2016-01-31 Thread Philippe Verdy
I also agree.

To transport binary data over a plain-text format there are other common
types, including Base64, Quoted-Printable (and you can also compress the
binary data before this transformation, using Gzip, deflate... for example
in MIME for emails; or compress it after this transformation only over the
transport channel like in HTTP which natively supports transparent 8-bit
streams, this solution being generally more performant).

There's no reliable way to preserve the exact binary encoding of texts
using invalid UTF sequences (including unpaired surrogates in UTF-16, or
isolated surrogate code points and other non-characters in other UTFs, or
forbidden byte values or restricted byte sequence in UTF-8) without using a
binary envelope (which cannot preserve the same encoding of valid UTF
sequences).

Even by using another encoding scheme/encoding form or legacy charset
mapped with Unicode (including GB and HKCS charsets), you will fail each
time due to the canonical equivalences and the existing conforming
conversions between all UTFs which are made to preserve the identity of
characters, not the equality of their binary encodings.

In summary, what you need is:
- a transport-syntax (see HTTP for example) to allow decoding your
envelope, and
- a separate media-type (see HTTP and MIME for example, don't choose any
one in "text/*", but in "binary/*" or possibly "application/*") or some
filesystem convention or standards for file types (such as file name
extensions in common Unix/Linux filesystems or FTP, or external metadata
streams for file attributes such as in MacOS, or VMS, or even in NTFS and
almost all HTTP-based filesystems) for your chosen binary encoding
encapsulated in a text-compatible format.

If your encoded document does not match exactly the strict text encoding
conformances, it cannot be declared and handled at all as if it was valid
text.
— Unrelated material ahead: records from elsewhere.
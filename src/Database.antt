-- ===== src/Database.antt =====
-- src/reality_layer/db/: the rows of src/reality_layer/db/models.py, as far as the program reads and
-- writes them, and the tables of a session. SQLAlchemy and the database are a parameter: what a query
-- selects, in which order, and what an insert or an update of rows makes of a table. A transaction that
-- is rolled back leaves the database of before.
pub mod Laws
use Prim.Native.String.{compare}
use Prim.Native.Nat.{Ordering}
use agents_reality_layer.Prelude.{
  nat_eq, ℕ, true, false, ◌&&◌, ◌||◌, ◌==◌, ltb, if◌then◌else◌, String, Bool, Option, none, some,
  List, [], ◌∷◌,
}
use agents_reality_layer.Prelude.Time.{DateTime}
use agents_reality_layer.Json.{Value, Object}
use agents_reality_layer.Connectors.Intake.{ObservationLog}

-- `select(model).where(...)`, `session.add(row)` and the assignment of columns of the rows that a
-- condition picks, each with its flush.
pub record Sql : Type 1 where
  pub Table : Type 0 → Type 0
  pub select : {Row : Type 0} → Table Row → (Row → Bool) → List Row
  pub insert : {Row : Type 0} → Table Row → Row → Table Row
  pub update : {Row : Type 0} → Table Row → (Row → Bool) → (Row → Row) → Table Row

-- `ORDER BY`: a stable sort of what is selected
abbrev pub insert_by {ℓ} : {A : Type ℓ} → (A → A → Bool) → A → List A → List A
insert_by le x [] = x ∷ []
insert_by le x (y ∷ ys) = let rest = insert_by le x ys in if le x y then x ∷ y ∷ ys else y ∷ rest

abbrev pub sort_by {ℓ} : {A : Type ℓ} → (A → A → Bool) → List A → List A
sort_by le [] = []
sort_by le (x ∷ xs) = insert_by le x (sort_by le xs)

-- the order of texts, and of times with texts for the times that are equal
abbrev pub text_le : String → String → Bool
text_le a b = elim (compare a b) [ Ordering.gt ↦ false | _ ↦ true ]

abbrev pub time_text_le : DateTime × String → DateTime × String → Bool
time_text_le (a, i) (b, j) = ltb a.micros b.micros || (a.micros == b.micros && text_le i j)

-- `.first()`
abbrev pub first {ℓ} : {A : Type ℓ} → List A → Option A
first [] = none
first (x ∷ xs) = some x

pub data WorkspaceMode : Type 0 where
  observe_only demo_proposal : WorkspaceMode

pub data ConnectorKind : Type 0 where
  shopify easypost : ConnectorKind

pub record Workspace : Type 0 where
  pub workspace_id : String
  pub tenant_id : String
  pub mode : WorkspaceMode
  pub thresholds : Object
  pub bounded_backfill : Object
  pub created_at : DateTime

pub record Connector : Type 0 where
  pub connector_id : String
  pub tenant_id : String
  pub workspace_id : String
  pub kind : ConnectorKind
  pub display_name : String
  pub capabilities : Object
  pub required_scopes : List String
  pub config_ref : String
  pub last_check : Object

pub record StateProjection : Type 0 where
  pub tenant_id : String
  pub entity_id : String
  pub entity_type : String
  pub attributes : Object
  pub confidence : Object
  pub freshness : Object
  pub provenance : List String
  pub producing_commit_id : Option String
  pub state_version : ℕ

pub record CommitLog : Type 0 where
  pub tenant_id : String
  pub commit_id : String
  pub parent_commit_id : Option String
  pub entity_type : String
  pub entity_id : String
  pub actor : Object
  pub cause : String
  pub observation_ids : List String
  pub action_id : Option String
  pub mapping_version : String
  pub before : Object
  pub after : Object
  pub semantic_diff : Object
  pub assurance_level : String
  pub previous_hash : Option String
  pub hash : String
  pub created_at : DateTime

pub record ActionEvent : Type 0 where
  pub tenant_id : String
  pub event_id : String
  pub action_id : String
  pub event_type : String
  pub schema_version : String
  pub actor : Object
  pub correlation_id : String
  pub payload : Object
  pub evidence_refs : List Value
  pub previous_event_hash : Option String
  pub event_hash : String

pub record ConflictRecord : Type 0 where
  pub tenant_id : String
  pub conflict_id : String
  pub entity_type : String
  pub entity_id : String
  pub attribute : String
  pub candidates : List Value
  pub status : String
  pub detected_at : DateTime
  pub resolved_value : Option Value
  pub resolved_by : Option String
  pub resolved_at : Option DateTime
  pub resolution_reason : Option String

-- the tables that a session sees
pub record Db (sql : Sql) : Type 0 where
  pub workspaces : sql.Table Workspace
  pub connectors : sql.Table Connector
  pub observations : sql.Table ObservationLog
  pub projections : sql.Table StateProjection
  pub commits : sql.Table CommitLog
  pub events : sql.Table ActionEvent
  pub conflicts : sql.Table ConflictRecord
You have to handle it as an opaque BLOB (as if they were data for a
bitmap image or executable code, or a PKI encryption key, or a data
signature such as SHA or an encrypted stream such as DES).

Basic filesystems for Unix/Linux or FAT treat all their files as
unrestricted blobs (that's why they use a separate data to represent its
actual type to decode it with specific algorithms, the most common being
filename extensions to determine the envelope format, then using internal
data structures in this envelope such as MPEG, OGG, or XML with schemas
validation, or ZIP archives embedding mutiple structured streams with some
conventions)

All these options are out of scope of the Unicode standard which is not
made to transport and preserve the binary encodings, but is made purposely
to allow transparent conversions between all conforming UTFs of valid text
only (nothing else) and to support canonical equivalences as much as
possible in "Unicode-conforming process", so that they'll be able to choose
between these wellknown and standardized text representations.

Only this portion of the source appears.